-- ===== src/Quantize/Nearest/Laws.antt =====
-- color/quantize.rs, step 7: what the early end of the search rests on, and what the search finds.
use mpris_chroma.Prelude.{
  ℕ, zero, suc, ◌+◌, ◌-◌, ◌*◌, ◌%◌, ◌^◌, ◌≤◌, ◌<◌, ◌≡◌, refl, sym, ap, inl, inr, true, false, List,
  [], ◌∷◌, ◌++◌, arith, ltb, leb, ◌==◌, ltb→lt, leb→le, ==_iff, Bool-cases, Option-cases, if_cases,
  length, All, All-append, All-mono,
}
use mpris_chroma.Prelude.Sort.{IsSorted, sort_by-IsSorted, All-sort_by, sort_by-All}
use mpris_chroma.Quantize.{Rgb, IsRgb, diff, dist_sq, get_elem?, get_elem?-All}
use mpris_chroma.Quantize.Nearest.{
  indices_below, entry, avg_dist, row_le, sort_key, Best, closer, search_row, search_all, nearest,
}

cross-le : (x y : ℕ) → x ≤ y → 2 * (x * y) ≤ x * x + y * y
cross-le x y h = let k = y - x in let e : y ≡ x + k = omega arith in rw e (grind arith)

cross : (x y : ℕ) → 2 * (x * y) ≤ x * x + y * y
cross x y = elim (Bool-cases (leb x y)) [
  | inl t ↦ cross-le x y (leb→le x y t)
  | inr f ↦ let turned = cross-le y x (ground arith) in grind (arith, turned)
]

square_mono : (x y : ℕ) → x ≤ y → x * x ≤ y * y
square_mono x y h = grind arith

square_sum : (d x y : ℕ) → d ≤ x + y → d * d ≤ 2 * (x * x) + 2 * (y * y)
square_sum d x y h =
    let widened = square_mono d (x + y) h in let mixed = cross x y in grind (arith, widened, mixed)

diff_triangle : (a b c : ℕ) → diff a b ≤ diff a c + diff b c
diff_triangle a b c = omega arith

-- The square of a distance is at most twice the sum of the squares by way of a third colour.
dist_sq_triangle : (a b c : Rgb) → dist_sq a b ≤ 2 * dist_sq a c + 2 * dist_sq b c
unfolding dist_sq
dist_sq_triangle a b c =
    let by_channel =
      λ (u v w : ℕ). square_sum (diff u v) (diff u w) (diff v w) (diff_triangle u v w) in
    omega (
      arith,
      by_channel a.red b.red c.red,
      by_channel a.green b.green c.green,
      by_channel a.blue b.blue c.blue,
    )

square_bound : (x : ℕ) → x < 256 → x * x < 65536
square_bound x h = let m = square_mono x 255 (omega arith) in omega (arith, m)

dist_sq-lt : (a b : Rgb) → IsRgb a → IsRgb b → dist_sq a b < 196608
unfolding dist_sq
dist_sq-lt a b ha hb =
    let by_channel =
      λ (u v : ℕ) (p : u < 256) (q : v < 256). square_bound (diff u v) (omega arith) in
    omega (
      arith,
      by_channel a.red b.red ha.0 hb.0,
      by_channel a.green b.green ha.1 hb.1,
      by_channel a.blue b.blue ha.2 hb.2,
    )

pub entry-IsRgb : (palette : List Rgb) (i : ℕ) → All IsRgb palette → IsRgb (entry palette i)
unfolding entry
entry-IsRgb palette i a = elim (Option-cases (get_elem? i palette)) [
  | inl e ↦ rw (e, entry) (omega arith, omega arith, omega arith)
  | inr (c, e) ↦ rw (e, entry) (get_elem?-All IsRgb i palette c e a)
]

pub All-indices_below : (P : ℕ → Type 0) (n : ℕ) → ((j : ℕ) → j < n → P j) → All P (indices_below n)
unfolding indices_below
All-indices_below P zero h = tt
All-indices_below P (suc n) h =
    All-append P (indices_below n) (n ∷ []) (All-indices_below P n (λ j l. h j (omega arith)))
      (h n (omega arith), tt)

All-append_left : (P : ℕ → Type 0) (xs ys : List ℕ) → All P (xs ++ ys) → All P xs × All P ys
All-append_left P [] ys a = (tt, a)
All-append_left P (x ∷ xs) ys a = let r = All-append_left P xs ys a.1 in ((a.0, r.0), r.1)

indices_below-All : (P : ℕ → Type 0) (n : ℕ) → All P (indices_below n) → (j : ℕ) → j < n → P j
unfolding indices_below
indices_below-All P zero a j h = absurd (omega arith)
indices_below-All P (suc n) a j h =
    let r = All-append_left P (indices_below n) (n ∷ []) a in
    elim (Bool-cases (j == n)) [
      | inl t ↦ let e : n ≡ j = sym ((==_iff j n).0 t) in rw e at r.1.0
      | inr f ↦ indices_below-All P n r.0 j (ground arith)
    ]

module _ (palette : List Rgb) (p : Rgb) where
  abbrev to_pixel : ℕ → ℕ
  to_pixel j = dist_sq (entry palette j) p

  closer-le : (idx : ℕ) (b : Best) → (closer palette p idx b).best_dist ≤ b.best_dist
  unfolding closer
  closer-le idx b = ground arith

  closer-le_entry : (idx : ℕ) (b : Best) → (closer palette p idx b).best_dist ≤ to_pixel idx
  unfolding closer
  closer-le_entry idx b = ground arith

  search_all-le : (row : List ℕ) (b : Best) → (search_all palette p row b).best_dist ≤ b.best_dist
  unfolding search_all
  search_all-le [] b = omega arith
  search_all-le (idx ∷ rest) b =
      omega (arith, closer-le idx b, search_all-le rest (closer palette p idx b))

  search_all-minimal :
      (row : List ℕ) (b : Best) → All (λ j. (search_all palette p row b).best_dist ≤ to_pixel j) row
  unfolding search_all
  search_all-minimal [] b = tt
  search_all-minimal (idx ∷ rest) b =
      let next = closer palette p idx b in
      (omega (arith, closer-le_entry idx b, search_all-le rest next), search_all-minimal rest next)

  -- The index belongs to the distance, and is one of the palette's.
  abbrev IsFound : Best → Type 0
  IsFound b = (b.best_dist ≡ to_pixel b.best) × (b.best < length palette)

  closer-IsFound :
      (idx : ℕ) (b : Best) → idx < length palette → IsFound b → IsFound (closer palette p idx b)
  unfolding closer
  closer-IsFound idx b l f =
      if_cases IsFound (ltb (to_pixel idx) b.best_dist) _ _ (λ _. (refl, l)) (λ _. f)

  search_all-IsFound :
      (row : List ℕ) (b : Best)
      → All (λ j. j < length palette) row
      → IsFound b
      → IsFound (search_all palette p row b)
  unfolding search_all
  search_all-IsFound [] b l f = f
  search_all-IsFound (idx ∷ rest) b l f =
      search_all-IsFound rest (closer palette p idx b) l.1 (closer-IsFound idx b l.0 f)

  module _ (own : ℕ) where
    row_le-avg :
        (j k : ℕ) → row_le palette own j k ≡ true → avg_dist palette own j ≤ avg_dist palette own k
    unfolding row_le
    row_le-avg j k h = ground arith

    far-ge : (j : ℕ) → to_pixel own * 4 < avg_dist palette own j → to_pixel own ≤ to_pixel j
    unfolding avg_dist
    far-ge j h = omega (arith, dist_sq_triangle (entry palette own) (entry palette j) p)

    search_all_far :
        (row : List ℕ) (b : Best)
        → b.best_dist ≤ to_pixel own
        → All (λ j. to_pixel own * 4 < avg_dist palette own j) row
        → search_all palette p row b ≡ b
    unfolding search_all closer
    search_all_far [] b l a = refl
    search_all_far (idx ∷ rest) b l a =
        let kept : ltb (to_pixel idx) b.best_dist ≡ false = ground (arith, far-ge idx a.0) in
        rw kept (search_all_far rest b l a.1)

    search_row-eq :
        (limit : ℕ)
        → limit ≡ to_pixel own * 4
        → (row : List ℕ) (b : Best) → IsSorted (row_le palette own) row
        → b.best_dist ≤ to_pixel own
        → search_row palette p own limit row b ≡ search_all palette p row b
    unfolding search_row search_all
    search_row-eq limit e [] b s l = refl
    search_row-eq limit e (idx ∷ rest) b s l =
        if_cases (λ r. r ≡ search_all palette p (idx ∷ rest) b)
          (ltb limit (avg_dist palette own idx)) _ _
          (λ t.
            let far : to_pixel own * 4 < avg_dist palette own idx =
              omega (arith, e, ltb→lt _ _ t) in
            sym (
              search_all_far (idx ∷ rest) b l
                (far, All-mono _ _ rest (λ j h. omega (arith, far, row_le-avg idx j h)) s.0)))
          (λ _.
            search_row-eq limit e rest (closer palette p idx b) s.1
              (omega (arith, closer-le idx b)))

    row_le_trans :
        (i j k : ℕ)
        → row_le palette own i j ≡ true
        → row_le palette own j k ≡ true
        → row_le palette own i k ≡ true
    unfolding row_le
    row_le_trans i j k a b = ground arith

    row_le_total : (i j : ℕ) → row_le palette own i j ≡ false → row_le palette own j i ≡ true
    unfolding row_le
    row_le_total i j a = ground arith

    abbrev from_own : Best
    from_own = record { best = own; best_dist = to_pixel own }

    -- The search of the whole row, with no early end.
    abbrev pub full_search : Best
    full_search = search_all palette p (sort_key palette own) from_own

    module _ (colors : All IsRgb palette) (pixel : IsRgb p) (inside : own < length palette) where
      nearest-full_search : nearest palette own p ≡ full_search.best
      unfolding nearest
      nearest-full_search =
          let small = dist_sq-lt (entry palette own) p (entry-IsRgb palette own colors) pixel in
          let limit : to_pixel own * 4 % 2 ^ 32 ≡ to_pixel own * 4 = omega (arith, small) in
          ap (λ b. b.best)
            (search_row-eq (to_pixel own * 4 % 2 ^ 32) limit (sort_key palette own) from_own sorted
              (omega arith))
        where
          sorted : IsSorted (row_le palette own) (sort_key palette own)
          sorted =
              unfold sort_key in
              sort_by-IsSorted (row_le palette own) row_le_trans row_le_total
                (indices_below (length palette))

      -- The search from any entry of a palette of 8-bit colours, for any 8-bit pixel, finds the same
      -- entry as the search of the whole row with no early end, an index of the palette whose
      -- colour is at most as far from the pixel as each other colour of the palette.
      pub nearest_lem :
          (nearest palette own p ≡ full_search.best)
          × (nearest palette own p < length palette)
          × ((j : ℕ)
              → j < length palette
              → dist_sq (entry palette (nearest palette own p)) p ≤ dist_sq (entry palette j) p)
      unfolding sort_key
      nearest_lem =
          let in_range = All-indices_below (λ j. j < length palette) (length palette) (λ j h. h) in
          let found =
            search_all-IsFound (sort_key palette own) from_own
              (All-sort_by (row_le palette own) _ _ in_range) (refl, inside) in
          let least = indices_below-All _ (length palette) (
            sort_by-All (row_le palette own) _ _
              (search_all-minimal (sort_key palette own) from_own)) in
          rw nearest-full_search (refl, found.1, λ j h. omega (arith, found.0, least j h))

==*==

** Your assignment **
From the listing above, copy out each line where the word "with" appears.

** Exercise answer **
    -- The search of the whole row, with no early end.
      -- entry as the search of the whole row with no early end, an index of the palette whose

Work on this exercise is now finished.